BEGIN
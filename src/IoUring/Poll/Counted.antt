-- ===== src/IoUring/Poll/Counted.antt =====
-- What a round over the completions does to the fleet.
use polaris_trade.Base.{
  ℕ, ◌+◌, ◌-◌, ◌≡◌, ◌∙◌, refl, sym, ap, subst, Bool, true, false, not, ◌||◌, Option, List, [], ◌∷◌,
  ◌++◌, ◌==◌, if◌then◌else◌, length, arith, Bool-cases, Option-cases, inl, inr,
}
use polaris_trade.Base.Result.{Result, ok, err}
use polaris_trade.Transport.Error.{TransportError, IoErrorKind}
use polaris_trade.Transport.Batch.{FrameBatch, spare}
use polaris_trade.Transport.IndexPool.{IndexFrame}
use polaris_trade.IoUring.Completion.{Completion, data_in, truncated_in, empty, no_buffers, failed}
use polaris_trade.IoUring.Driver.{
  Fleet, Cqe, ud_recv, Uring, completion_of, settle_recv, is_failed_provide, complete_fleet, ended,
  complete,
}
use polaris_trade.IoUring.Requests.{
  Contract, Contracts, finals, is_enobufs, ended-completion_of, starves-completion_of,
}
use polaris_trade.IoUring.Poll.Kept.{fleet-settle_recv}

-- Whether the group is out of buffers, after these completions.
abbrev pub starved_by : Bool → List Cqe → Bool
starved_by starved [] = starved
starved_by starved (cqe ∷ cqes) =
    starved_by (if cqe.user_data == ud_recv then is_enobufs cqe.result || starved else starved) cqes

module _ (more : ℕ → Bool) (buffer_select : ℕ → Option ℕ) (kind_of : ℕ → IoErrorKind) where
  path-settle_recv :
      (d : Uring) (out : FrameBatch IndexFrame) (pushed : ℕ) (c : Completion)
      → (settle_recv more buffer_select kind_of d out pushed c).1.path ≡ d.path
  path-settle_recv d out pushed (data_in slot len rearm) = refl
  path-settle_recv d out pushed (truncated_in slot rearm) = refl
  path-settle_recv d out pushed (empty rearm) = refl
  path-settle_recv d out pushed no_buffers = refl
  path-settle_recv d out pushed (failed errno) = refl

  -- What the completions that `complete` takes do to the fleet.
  pub record Counted (d : Uring) (taken : ℕ) (cqes : List Cqe)
      (result : Result TransportError ℕ × Uring × FrameBatch IndexFrame × ℕ) : Type 0 where
    pub seen : List Cqe
    pub rest : List Cqe
    pub split : cqes ≡ seen ++ rest
    pub took : result.3 ≡ taken + length seen
    pub same_path : result.1.path ≡ d.path
    pub armed : result.1.fleet.armed ≡ d.fleet.armed - finals more buffer_select seen
    pub starved : result.1.fleet.starved ≡ starved_by d.fleet.starved seen

  Counted-none :
      (d : Uring) (out : FrameBatch IndexFrame) (answer : Result TransportError ℕ) (taken : ℕ)
      (cqes : List Cqe)
      → Counted d taken cqes (answer, d, out, taken)
  Counted-none d out answer taken cqes = record {
    seen = [];
    rest = cqes;
    split = refl;
    took = omega arith;
    same_path = refl;
    armed = omega arith;
    starved = refl;
  }

  -- One completion in front.
  Counted-cons :
      (d d₁ : Uring) (taken : ℕ) (cqe : Cqe) (cqes : List Cqe)
      (result : Result TransportError ℕ × Uring × FrameBatch IndexFrame × ℕ)
      → d₁.path ≡ d.path
      → d₁.fleet.armed ≡ d.fleet.armed - finals more buffer_select (cqe ∷ [])
      → d₁.fleet.starved ≡ starved_by d.fleet.starved (cqe ∷ [])
      → Counted d₁ (taken + 1) cqes result
      → Counted d taken (cqe ∷ cqes) result
  Counted-cons d d₁ taken cqe cqes result path armed starved c = record {
    seen = cqe ∷ c.seen;
    rest = c.rest;
    split = ap (λ cs. cqe ∷ cs) c.split;
    took = omega (arith, c.took);
    same_path = c.same_path ∙ path;
    armed = omega (arith, c.armed);
    starved = c.starved ∙ ap (λ b. starved_by b c.seen) starved;
  }

  pub complete-Counted :
      (d : Uring) (out : FrameBatch IndexFrame) (pushed taken : ℕ) (cqes : List Cqe)
      → Contracts more buffer_select d.path cqes
      → Counted d taken cqes (complete more buffer_select kind_of d out pushed taken cqes)
  unfolding complete
  complete-Counted d out pushed taken [] keeps = Counted-none d out (ok pushed) taken []
  complete-Counted d out pushed taken (cqe ∷ cqes) (one, keeps) =
      elim (Bool-cases (spare out == 0)) [
        | inl full ↦ rw (full, complete) (Counted-none d out (ok pushed) taken (cqe ∷ cqes))
        | inr room ↦ elim (Bool-cases (cqe.user_data == ud_recv)) [
          | inl ours ↦
              let c = completion_of more buffer_select kind_of d cqe in
              let d₁ : Uring = record d { fleet = complete_fleet d.fleet c } in
              let step = settle_recv more buffer_select kind_of d₁ out pushed c in
              let path = path-settle_recv d₁ out pushed c in
              let same = fleet-settle_recv more buffer_select kind_of d₁ out pushed c in
              let contract : Contract more buffer_select d.path cqe = elim one [
                | inl other ↦ absurd (cc (other, ours))
                | inr kept ↦ kept
              ] in
              let over = ended-completion_of more buffer_select kind_of d cqe contract in
              let armed : step.1.fleet.armed
                  ≡ d.fleet.armed - finals more buffer_select (cqe ∷ []) =
                ap (λ (f : Fleet). f.armed) same
                ∙ armed_by (more cqe.flags) d.fleet.armed (ended c) over ours in
              let starved : step.1.fleet.starved ≡ starved_by d.fleet.starved (cqe ∷ []) = rw ours (
                ap (λ (f : Fleet). f.starved) same
                ∙ starves-completion_of more buffer_select kind_of d cqe d.fleet.starved) in
              elim (Option-cases step.0) [
                | inr (e, fails) ↦
                    rw (room, ours, fails, complete)
                      (Counted-cons d step.1 taken cqe cqes _ path armed starved
                        (Counted-none step.1 step.2 (err e) (taken + 1) cqes))
                | inl works ↦
                    rw (room, ours, works, complete)
                      (Counted-cons d step.1 taken cqe cqes _ path armed starved (
                        complete-Counted step.1 step.2 step.3 (taken + 1) cqes
                          (subst (λ p. Contracts more buffer_select p cqes) (sym path) keeps)))
              ]
          | inr other ↦
              let armed : d.fleet.armed ≡ d.fleet.armed - finals more buffer_select (cqe ∷ []) =
                rw other (omega arith) in
              let starved : d.fleet.starved ≡ starved_by d.fleet.starved (cqe ∷ []) =
                rw other refl in
              elim (Option-cases (is_failed_provide more buffer_select kind_of cqe)) [
                | inr (errno, fails) ↦
                    rw (room, other, fails, complete)
                      (Counted-cons d d taken cqe cqes _ refl armed starved
                        (Counted-none d out _ (taken + 1) cqes))
                | inl skips ↦
                    rw (room, other, skips, complete)
                      (Counted-cons d d taken cqe cqes _ refl armed starved
                        (complete-Counted d out pushed (taken + 1) cqes keeps))
              ]
        ]
      ]
    where
      armed_by :
          (goes_on : Bool) (n : ℕ) (over : Bool)
          → over ≡ not goes_on
          → (cqe.user_data == ud_recv) ≡ true
          → (if over then n - 1 else n)
            ≡ n - ((if cqe.user_data == ud_recv then if goes_on then 0 else 1 else 0) + 0)
      armed_by true n over e ours = rw (e, ours) (omega arith)
      armed_by false n over e ours = rw (e, ours) (omega arith)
END
- TASK STATEMENT
For the string "record", find every line of the material that contains it, and copy each one.

- RESPONSE BELOW
  pub record Counted (d : Uring) (taken : ℕ) (cqes : List Cqe)
  Counted-none d out answer taken cqes = record {
  Counted-cons d d₁ taken cqe cqes result path armed starved c = record {
              let d₁ : Uring = record d { fleet = complete_fleet d.fleet c } in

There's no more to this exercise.